Reasoning models may be doing more than extending their chains of thought. A study described by researchers from Google, the University of Chicago, and the Santa Fe Institute found that models including Deepseek-R1 and QwQ-32B can produce a kind of internal exchange, where different simulated perspectives question, correct, and refine the answer.
The researchers call this pattern a "society of thought". The phrase matters because it frames AI reasoning as something closer to a structured argument than a single uninterrupted calculation.
Why internal disagreement matters
Standard language models often move through a problem in a direct sequence. The study suggests that stronger reasoning models behave differently on complex tasks: they pause, shift perspective, raise objections, and revise their own path.
That distinction is important for understanding AI reasoning. If a model can catch its own mistake during generation, the output may improve not because the model has more facts, but because its process includes checks against its own assumptions.

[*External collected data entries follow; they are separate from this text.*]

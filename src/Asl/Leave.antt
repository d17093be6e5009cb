-- ===== src/Asl/Leave.antt =====
-- `outBlocked`: a process leaves the queue of its semaphore, wherever it stands there.
use pandos.Prelude.{
  ◌≤◌, ◌≡◌, refl, sym, ap, ◌∙◌, ◌≢◌, List, [], ◌∷◌, ◌==◌, if◌then◌else◌, length, Bool-cases, inl,
  inr, ◌∈◌, ◌∉◌, has, ==_iff, erase, erase_not-mem,
}
use pandos.Types.{Ptr, null, max_proc}
use pandos.Run.{ok, Returns, returns, Returns-ok, Returns-bind}
use pandos.Pcb.{Store, upd, out_proc_q}
use pandos.Pcb.Access.{ne_test, ne_of_test, upd_self, upd-ne}
use pandos.Pcb.Access
use pandos.Pcb.Ring.{IsProcQ, none_queued, IsProcQ-links}
use pandos.Pcb.Queue.{Requeues}
use pandos.Pcb.Dequeue.{out_proc_q-erase}
use pandos.Asl.{Asl, max_int, release_if_empty, out_blocked}
use pandos.Asl.Search.{read_ok, at_ok, lookup, find_semd-lookup}
use pandos.Asl.Activate.{IsAsl}
use pandos.Asl.Waiting.{Waits, Requeues-IsProcQ, lookup-key, lookup-mem, IsAsl-lists, other_queue}
use pandos.Asl.Head.{IsProcQ-null}
use pandos.Asl.Release.{lookup-erase, release_if_empty-ok, release_if_empty-kept, released-IsAsl}

-- A well-formed ASL in which the processes `w s` wait for each semaphore `s`. MAXINT, the key of the
-- dummy tail, is no semaphore; nothing is said of the queue pointer of that descriptor.
pub record HasWaiters (a : Asl) (w : Ptr → List Ptr) : Type 0 where
  pub active : List Ptr
  pub free : List Ptr
  pub asl : IsAsl a active free
  pub waits : (s : Ptr) → s ≢ max_int → Waits a active s (w s)
  pub unnamed : w max_int ≡ []

-- A descriptor with an empty queue is released, and no queue changes.
release_if_empty-HasWaiters :
    (a : Asl) (w : Ptr → List Ptr) (s : Ptr) (v : HasWaiters a w)
    → s ≢ max_int
    → lookup a.s_sem_add s v.active ≢ null
    → Returns
        (λ _ g. HasWaiters g w × (g.pcbs ≡ a.pcbs))
        (release_if_empty (lookup a.s_sem_add s v.active) a)
release_if_empty-HasWaiters a w s v named real =
    let d = lookup a.s_sem_add s v.active in
    let i = lookup-mem a.s_sem_add s v.active real in
    elim (Bool-cases (a.s_proc_q d == null)) [
      | inl e ↦
          let z = (==_iff (a.s_proc_q d) null).0 e in
          let none : w s ≡ [] = IsProcQ-null (rw (ne_test real) at (v.waits s named)) z in
          let looked : (t : Ptr)
              → lookup a.s_sem_add t (erase d v.active)
                ≡ (if s == t then null else lookup a.s_sem_add t v.active) =
            λ t.
              lookup-erase a.s_sem_add d t 0 v.active v.asl.active.sorted i
              ∙ ap (λ k. if k == t then null else lookup a.s_sem_add t v.active)
                  (lookup-key a.s_sem_add s v.active real) in
          rw (release_if_empty-ok d v.asl i z) (
            returns (
              record {
                active = erase d v.active;
                free = d ∷ v.free;
                asl = released-IsAsl d v.asl i;
                unnamed = v.unnamed;
                waits = λ t nt. elim (Bool-cases (s == t)) [
                  | inl st ↦ rw (looked t, st, sym ((==_iff s t).0 st), none) none_queued
                  | inr st ↦ rw (looked t, st) (IsProcQ-links a.pcbs refl refl (v.waits t nt))
                ];
              },
              refl,
            ))
      | inr n ↦ rw (release_if_empty-kept d v.asl i (ne_of_test n)) (returns (v, refl))
    ]

-- The process `p` waits for no semaphore, and all others wait as they did.
pub record Leaves (a : Asl) (w : Ptr → List Ptr) (p : Ptr) (g : Asl) : Type 0 where
  pub waiters : HasWaiters g (λ s. erase p (w s))
  pub frame : Requeues (w (a.pcbs.p_sem_add p)) a.pcbs g.pcbs

module _ (a : Asl) (w : Ptr → List Ptr) (p : Ptr) (v : HasWaiters a w)
    (owner : (t b : Ptr) → b ∈ w t → a.pcbs.p_sem_add b ≡ t)
    (named : a.pcbs.p_sem_add p ≢ max_int) where
  abbrev s : Ptr
  s = a.pcbs.p_sem_add p

  -- The process is in no other queue.
  elsewhere : (t : Ptr) → t ≢ s → p ∉ w t
  elsewhere t n = elim (Bool-cases (has p (w t))) [
    | inl i ↦ absurd (n (sym (owner t p i)))
    | inr o ↦ o
  ]

  apart : (t : Ptr) → t ≢ s → (b : Ptr) → b ∈ w t → b ∉ w s
  apart t n b i = elim (Bool-cases (has b (w s))) [
    | inl j ↦ absurd (n (sym (owner t b i) ∙ owner s b j))
    | inr o ↦ o
  ]

  module _ (real : lookup a.s_sem_add s v.active ≢ null) (g : Store) (tail : Ptr)
      (q : IsProcQ g tail (erase p (w s))) (m : Requeues (w s) a.pcbs g) where
    abbrev d : Ptr
    d = lookup a.s_sem_add s v.active

    -- The ASL when `outProcQ` has been at the queue.
    abbrev dequeued : Asl
    dequeued = record a { s_proc_q = upd a.s_proc_q d tail; pcbs = g }

    dequeued-Waits : (t : Ptr) → t ≢ max_int → Waits dequeued v.active t (erase p (w t))
    dequeued-Waits t mt = elim (Bool-cases (t == s)) [
      | inl e ↦ rw ((==_iff t s).0 e, ne_test real, upd_self a.s_proc_q d tail) q
      | inr n ↦
          let nt = ne_of_test n in
          rw
            (
              erase_not-mem p (w t) (elsewhere t nt),
              other_queue a dequeued v.active s t refl (λ c nc. upd-ne a.s_proc_q tail nc) real nt,
            )
            (Requeues-IsProcQ m (apart t nt) (v.waits t mt))
    ]

    dequeued-HasWaiters : HasWaiters dequeued (λ t. erase p (w t))
    dequeued-HasWaiters = record {
      active = v.active;
      free = v.free;
      asl = IsAsl-lists (upd a.s_proc_q d tail) g v.asl;
      waits = dequeued-Waits;
      unnamed = rw v.unnamed refl;
    }

    -- The rest of `outBlocked`, with what `outProcQ` has returned.
    taken_out :
        p ≢ null
        → a.pcbs.p_sem_add p ≢ null
        → (out : Ptr) → out_proc_q (a.s_proc_q d) p a.pcbs ≡ ok (out, tail) g
        → out ≡ (if has p (w s) then p else null)
        → Returns (λ _ g'. Leaves a w p g') (out_blocked p a)
    unfolding out_blocked dequeued-HasWaiters
    taken_out np ns out removed found =
        rw
          (
            ne_test np,
            Access.read-ok np,
            ne_test ns,
            find_semd-lookup s v.asl.active,
            ne_test real,
            read_ok real,
            removed,
            at_ok real,
            found,
          )
          (elim (Bool-cases (has p (w s))) [
            | inl i ↦
                rw (i, ne_test np)
                  (Returns-bind
                    (release_if_empty-HasWaiters dequeued (λ t. erase p (w t)) s dequeued-HasWaiters
                      named real)
                    λ _ g' (h, e). returns (record { waiters = h; frame = rw e m }))
            | inr o ↦ rw o (returns (record { waiters = dequeued-HasWaiters; frame = m }))
          ])

  unchanged : lookup a.s_sem_add s v.active ≡ null → Leaves a w p a
  unchanged none =
      let empty : w s ≡ [] = IsProcQ-null (v.waits s named) (rw none) in
      record {
        waiters = record {
          active = v.active;
          free = v.free;
          asl = v.asl;
          unnamed = rw v.unnamed refl;
          waits = λ t mt. elim (Bool-cases (t == s)) [
            | inl e ↦
                let u = v.waits t mt in
                rw ((==_iff t s).0 e, empty) (rw ((==_iff t s).0 e, empty) at u)
            | inr n ↦ rw (erase_not-mem p (w t) (elsewhere t (ne_of_test n))) (v.waits t mt)
          ];
        };
        frame = record { nexts = λ b n. refl; prevs = λ b n. refl; rest = refl };
      }

  -- In a well-formed ASL, in which each process waits for its `p_semAdd` only and at most `max_proc`
  -- for that of `p`, which is not MAXINT, `outBlocked` takes `p`, which is not NULL, out of the queue
  -- of its semaphore, if it is there. The ASL stays well-formed, the other processes wait in the same order as before, and
  -- only the queue links of the processes in that queue change.
  pub out_blocked-Leaves :
      p ≢ null
      → a.pcbs.p_sem_add p ≢ null
      → length (w (a.pcbs.p_sem_add p)) ≤ max_proc
      → Returns (λ _ g. Leaves a w p g) (out_blocked p a)
  unfolding out_blocked
  out_blocked-Leaves np ns short = elim (Bool-cases (lookup a.s_sem_add s v.active == null)) [
    | inl e ↦
        rw (ne_test np, Access.read-ok np, ne_test ns, find_semd-lookup s v.asl.active, e)
          (returns (unchanged ((==_iff _ null).0 e)))
    | inr n ↦
        let real = ne_of_test n in
        let q = rw n at (v.waits s named) in
        let (out, g, removed, (found, q', m)) = Returns-ok (out_proc_q-erase p q short) in
        taken_out real g out.1 q' m np ns out.0 removed found
  ]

The researchers analyzed over 8,000 reasoning problems and compared reasoning models with standard instruction-tuned models. Deepseek-R1 showed more question-answer sequences and more frequent shifts in perspective than Deepseek-V3. QwQ-32B showed more explicit conflicts between viewpoints than Qwen-2.5-32B.
What the researchers observed
The team used an LLM-as-judge method, with Gemini 2.5 Pro classifying reasoning traces. The source says agreement with human raters was substantial, giving the researchers a way to compare these internal patterns across models and tasks.
One example came from a complex multi-stage Diels-Alder synthesis. Deepseek-R1 moved between perspectives and challenged its own reasoning. At one point, it wrote, "But here, it's cyclohexa-1,3-diene, not benzene," identifying a mistake while still working through the problem.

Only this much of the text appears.